Continuous variables were summarized through mean values and relative standard deviations (SDs). Differences among tumor/background (T/B) ratios, calculated from the images of [^99mTc]Tc-iFAP SPECT/CT and [¹⁸F]FDG PET/CT patients, were analyzed by three-way ANOVA applying Tukey’s multiple comparisons test (alpha of 0.05).

5. Conclusions

An adequate concentration of the [^99mTc]Tc-iFAP radioligand in the primary tumors and lymph node metastases of patients with breast, cervical, and lung cancer was achieved. [^99mTc]Tc-iFAP SPECT/CT was useful to obtain primary and metastatic lesion images of different tumors, which correlated with those detected by [¹⁸F]FDG PET/CT. The dosimetric results and findings described in the T/B ratios of the tumors suggest that [^99mTc]Tc-iFAP imaging is a safe and potentially useful tool to assess FAP expression in the tumor microenvironment. The results obtained in this research validate the performance of additional clinical studies to determine the utility of [^99mTc]Tc iFAP in the diagnosis and prognosis of different types of solid tumors.

Author Contributions

Conceptualization, G.F.-F., C.S.-C. and G.R.-N.; methodology, L.C.-D., P.V.-A., M.L.-G., B.O.-G. and B.G.-B.; formal analysis, P.V.-A., G.R.-N., C.S.-C., G.F.-F., F.G.-P. and L.C.-D.; writing—original draft preparation, P.V.-A. and G.F.-F.; writing—review and editing, G.F.-F.; funding acquisition, M.L.-G. and C.S.-C. All authors have read and agreed to the published version of the manuscript.

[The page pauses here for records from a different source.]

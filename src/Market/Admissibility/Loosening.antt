-- ===== src/Market/Admissibility/Loosening.antt =====
-- Looser thresholds raise fewer flags.
use volengine.Base.{
  ◌≡◌, inl, inr, refl, Bool, true, false, ◌||◌, Option, none, some, List, arith, In,
}
use volengine.Base.Instants.{Instant, elapsed}
use volengine.Base.Floats.{Float, IsOrdered, fmin, le_lt_trans, lt_le_trans}
use volengine.Market.Quotes.{QuoteObservation, spread_rel}
use volengine.Market.Admissibility.{
  QuoteFlagD, AdmissibilityThresholds, flag_if, is_wide, diverges, quote_flags,
}

-- A rule that fires less often adds its flag less often.
flag_if_mono :
    (loose tight : Bool) (flag : QuoteFlagD) (xs ys : List QuoteFlagD)
    → (loose ≡ true → tight ≡ true)
    → ((flag' : QuoteFlagD) → In flag' xs → In flag' ys)
    → (flag' : QuoteFlagD) → In flag' (flag_if loose flag xs)
    → In flag' (flag_if tight flag ys)
flag_if_mono true true flag xs ys fires rest flag' (inl e) = inl e
flag_if_mono true true flag xs ys fires rest flag' (inr h) = inr (rest flag' h)
flag_if_mono true false flag xs ys fires rest flag' h = absurd (cc (fires refl))
flag_if_mono false true flag xs ys fires rest flag' h = inr (rest flag' h)
flag_if_mono false false flag xs ys fires rest flag' h = rest flag' h

module _ {F : Type 0} ⦃f : Float F⦄ where
  -- Every limit of the second thresholds lies at least as far out as the first one's.
  pub record IsLooser (tight loose : AdmissibilityThresholds F) : Type 0 where
    pub spread : f.le tight.max_spread_rel loose.max_spread_rel ≡ true
    pub age : f.le tight.max_age_seconds loose.max_age_seconds ≡ true
    pub lo : f.le loose.moneyness_lo tight.moneyness_lo ≡ true
    pub hi : f.le tight.moneyness_hi loose.moneyness_hi ≡ true
    pub divergence : f.le tight.max_iv_divergence_bp loose.max_iv_divergence_bp ≡ true
    pub size : f.le loose.min_size tight.min_size ≡ true

  module _ (laws : IsOrdered F) where
    wide_mono :
        (spread : Option F) (tight loose : F)
        → f.le tight loose ≡ true
        → is_wide spread loose ≡ true
        → is_wide spread tight ≡ true
    unfolding is_wide
    wide_mono none tight loose h k = k
    wide_mono (some spread) tight loose h k = le_lt_trans laws tight loose spread h k

    diverges_mono :
        (own exchange : Option F) (tight loose : F)
        → f.le tight loose ≡ true
        → diverges own exchange loose ≡ true
        → diverges own exchange tight ≡ true
    unfolding diverges
    diverges_mono none exchange tight loose h k = k
    diverges_mono (some own) none tight loose h k = k
    diverges_mono (some own) (some exchange) tight loose h k =
        ground (
          arith,
          le_lt_trans laws tight loose (f.mul (f.abs (f.sub own exchange)) (f.of_ℕ 10_000)) h,
        )

    outside_mono :
        (k lo hi lo' hi' : F)
        → f.le lo' lo ≡ true
        → f.le hi hi' ≡ true
        → (f.lt k lo' || f.lt hi' k) ≡ true
        → (f.lt k lo || f.lt hi k) ≡ true
    outside_mono k lo hi lo' hi' a b h =
        ground (arith, lt_le_trans laws k lo' lo, le_lt_trans laws hi hi' k b)

    -- Loosening the thresholds of a market never adds a flag: whatever `flag_quote` raises on a quote
    -- under the looser limits, it raises under the tighter ones.
    pub quote_flags_mono :
        (o : QuoteObservation F) (strike forward : F) (own_iv : Option F)
        (tight loose : AdmissibilityThresholds F) (now : Instant) (flag : QuoteFlagD)
        → IsLooser tight loose
        → In flag (quote_flags o strike forward own_iv loose now)
        → In flag (quote_flags o strike forward own_iv tight now)
    unfolding quote_flags
    quote_flags_mono o strike forward own_iv tight loose now flag h =
        let k = f.ln (f.div strike forward) in
        let age = f.seconds (elapsed now o.ts_exchange) in
        flag_if_mono _ _ _ _ _ (λ e. e)
          (flag_if_mono _ _ _ _ _
            (wide_mono (spread_rel o) tight.max_spread_rel loose.max_spread_rel h.spread)
            (flag_if_mono _ _ _ _ _
              (le_lt_trans laws tight.max_age_seconds loose.max_age_seconds age h.age)
              (flag_if_mono _ _ _ _ _
                (λ e.
                  lt_le_trans laws (fmin o.bid_size o.ask_size) loose.min_size tight.min_size e
                    h.size)
                (flag_if_mono _ _ _ _ _
                  (outside_mono k tight.moneyness_lo tight.moneyness_hi loose.moneyness_lo
                    loose.moneyness_hi h.lo h.hi)
                  (flag_if_mono _ _ _ _ _
                    (diverges_mono own_iv o.exchange_iv tight.max_iv_divergence_bp
                      loose.max_iv_divergence_bp h.divergence)
                    (λ flag' e. e))))))
          flag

Institutional Review Board Statement

The clinical study was conducted according to the guidelines of the Declaration of Helsinki and approved by the Ethics Committee of “Medicina Nuclear, Instituto Nacional de Cancerología” (protocol code 021/03/MNIC, 3 May 2021).

Informed Consent Statement

Informed consent was obtained from the healthy subjects and patients involved in the study. Written informed consent has been obtained from the healthy subjects and patients to publish this paper.

Data Availability Statement

Data are contained within the article.

Conflicts of Interest

The authors declare no conflict of interest.

Funding Statement

This research was funded by the “Consejo Mexiquense de Ciencia y Tecnología” (COMECyT), through the financing program for female scientists EDOMEX, grant number FICDTEM-2021-008.